▶ Problem
Look below for the line that has "s rules st).0.cache". Set down the lines from there through the line that has "apply_rules_keeps s rules", exactly as written.
== Record set ==
-- ===== src/Engine/Cache.antt =====
-- What holds of every cached entry: a predicate that the steps on an entry keep is kept by `ingest`.
use surveillance_hound.Common.{
  test_bit, ℕ, max, ◌≡◌, refl, sym, subst, inl, inr, ◌&&◌, Option, none, some, List, [], ◌∷◌, ◌++◌,
  ltb, leb, Bool-cases, All, All-set, All-get_or, length, get_or, find_index,
}
use surveillance_hound.Core.{behavior, Observation, Settings, Detection, Rule}
use surveillance_hound.Behavior.{remember_ap}
use surveillance_hound.Signatures.{kind_eq}
use surveillance_hound.Engine.{
  Engine, Entry, Touched, untouched, apply_hit, probe, apply_rule, apply_rules, settle, settle_all,
  ingest, rescore, blank_entry, first_entry, see, credit, touch, locate, due, holds,
}

pub cache-probe : (g : Engine) (rule : Rule) (o : Observation) → (probe g rule o).0.cache ≡ g.cache
unfolding probe
cache-probe g rule o = elim (Bool-cases (kind_eq rule.kind behavior)) [
  | inl e ↦ rw (e) refl
  | inr e ↦ rw (e) refl
]

-- The entry that `settle` writes when it emits.
abbrev pub mark : Observation → Entry → Entry
mark o e = record e { emitted = max 1 o.ms; emitted_samsung_state = e.detection.samsung.state }

-- A predicate on entries and one on rules, kept by the steps on an entry.
pub record Kept (P : Entry → Type 0) (R : Rule → Type 0) (o : Observation) : Type 0 where
  pub blank : P blank_entry
  pub first : (rule : Rule) → R rule → P (first_entry rule o)
  pub seen : (e : Entry) → P e → P (see o e)
  pub credited : (rule : Rule) (e : Entry) → R rule → P e → P (credit rule o e)
  pub rescored : (e : Entry) → P e → P (rescore o e)
  pub marked : (e : Entry) → P e → P (mark o e)

module _ (P : Entry → Type 0) (R : Rule → Type 0) (o : Observation) (kept : Kept P R o) where
  locate_keeps :
      (cache : List Entry) (rule : Rule) (found : Option ℕ)
      → R rule
      → All P cache
      → P (locate cache rule o found).1
  unfolding locate
  locate_keeps cache rule none r h = kept.first rule r
  locate_keeps cache rule (some i) r h = All-get_or P cache i blank_entry h kept.blank

  touch_keeps :
      (cache : List Entry) (rule : Rule) (found : Option ℕ)
      → R rule
      → All P cache
      → P (touch cache rule o found).1
  unfolding touch
  touch_keeps cache rule none r h =
      kept.seen _ (locate_keeps cache rule (find_index (holds rule o) cache) r h)
  touch_keeps cache rule (some i) r h = All-get_or P cache i blank_entry h kept.blank

  apply_rule_keeps :
      (s : Settings) (rule : Rule) (st : Engine × Touched)
      → R rule
      → All P st.0.cache
      → All P (apply_rule o s rule st).0.cache
  unfolding apply_rule apply_hit
  apply_rule_keeps s rule (g, touched) r h =
      let kept_cache = subst (All P) (sym (cache-probe g rule o)) h in
      let c = (probe g rule o).0.cache in
      let t = touch c rule o (get_or touched rule.category none) in
      elim (Bool-cases (test_bit s.enabled_categories rule.category)) [
        | inr e ↦ rw (e) h
        | inl e ↦ elim (Bool-cases (probe g rule o).1) [
          | inl f ↦
              rw (e, f)
                (All-set P c t.0 (credit rule o t.1) kept_cache (
                  kept.credited rule t.1 r
                    (touch_keeps c rule (get_or touched rule.category none) r kept_cache)))
          | inr f ↦ rw (e, f) kept_cache
        ]
      ]

  apply_rules_keeps :
      (s : Settings) (rules : List Rule) (st : Engine × Touched)
      → All R rules
      → All P st.0.cache
      → All P (apply_rules o s rules st).0.cache
  unfolding apply_rules
  apply_rules_keeps s [] st r h = h
  apply_rules_keeps s (rule ∷ rules) st r h =
      apply_rules_keeps s rules (apply_rule o s rule st) r.1 (apply_rule_keeps s rule st r.0 h)

  -- The detections that are emitted come from entries that satisfy the predicate.
  unfoldable pub Given : Engine × List Detection → Type 0
  Given (g, out) = All P g.cache × All (λ d. (e : Entry) × P e × (d ≡ (rescore o e).detection)) out

  append_one :
      {A : Type 0} (Q : A → Type 0) (xs : List A) (x : A) → All Q xs → Q x → All Q (xs ++ (x ∷ []))
  append_one Q [] x h q = (q, tt)
  append_one Q (y ∷ xs) x h q = (h.0, append_one Q xs x h.1 q)

  settle_keeps : (room i : ℕ) (st : Engine × List Detection) → Given st → Given (settle o room i st)
  unfolding settle Given
  settle_keeps room i (g, out) (h, ds) =
      let old = get_or g.cache i blank_entry in
      let e = rescore o old in
      let held = All-get_or P g.cache i blank_entry h kept.blank in
      elim (Bool-cases
        (due o.ms old.detection.score e && leb g.next_emit o.ms && ltb (length out) room)) [
          | inl f ↦ rw (f) (
            All-set P g.cache i (mark o e) h (kept.marked e (kept.rescored old held)),
            append_one _ out e.detection ds (old, held, refl),
          )
          | inr f ↦ rw (f) (All-set P g.cache i e h (kept.rescored old held), ds)
        ]

  settle_all_keeps :
      (room : ℕ) (touched : Touched) (st : Engine × List Detection)
      → Given st
      → Given (settle_all o room touched st)
  unfolding settle_all
  settle_all_keeps room [] st h = h
  settle_all_keeps room (none ∷ touched) st h = settle_all_keeps room touched st h
  settle_all_keeps room (some i ∷ touched) st h =
      settle_all_keeps room touched (settle o room i st) (settle_keeps room i st h)

  pub ingest_keeps :
      (g : Engine) (s : Settings) (room : ℕ)
      → All R g.rules
      → All P g.cache
      → Given (ingest g o s room)
  unfolding ingest Given
  ingest_keeps g s room r h =
      let (ruled, touched) = apply_rules o s g.rules (g, untouched) in
      settle_all_keeps room touched (record ruled { aps = remember_ap ruled.aps o }, [])
        (apply_rules_keeps s g.rules (g, untouched) r h, tt)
===
▶ Response for this exercise
      → All P (apply_rules o s rules st).0.cache
  unfolding apply_rules
  apply_rules_keeps s [] st r h = h
  apply_rules_keeps s (rule ∷ rules) st r h =
      apply_rules_keeps s rules (apply_rule o s rule st) r.1 (apply_rule_keeps s rule st r.0 h)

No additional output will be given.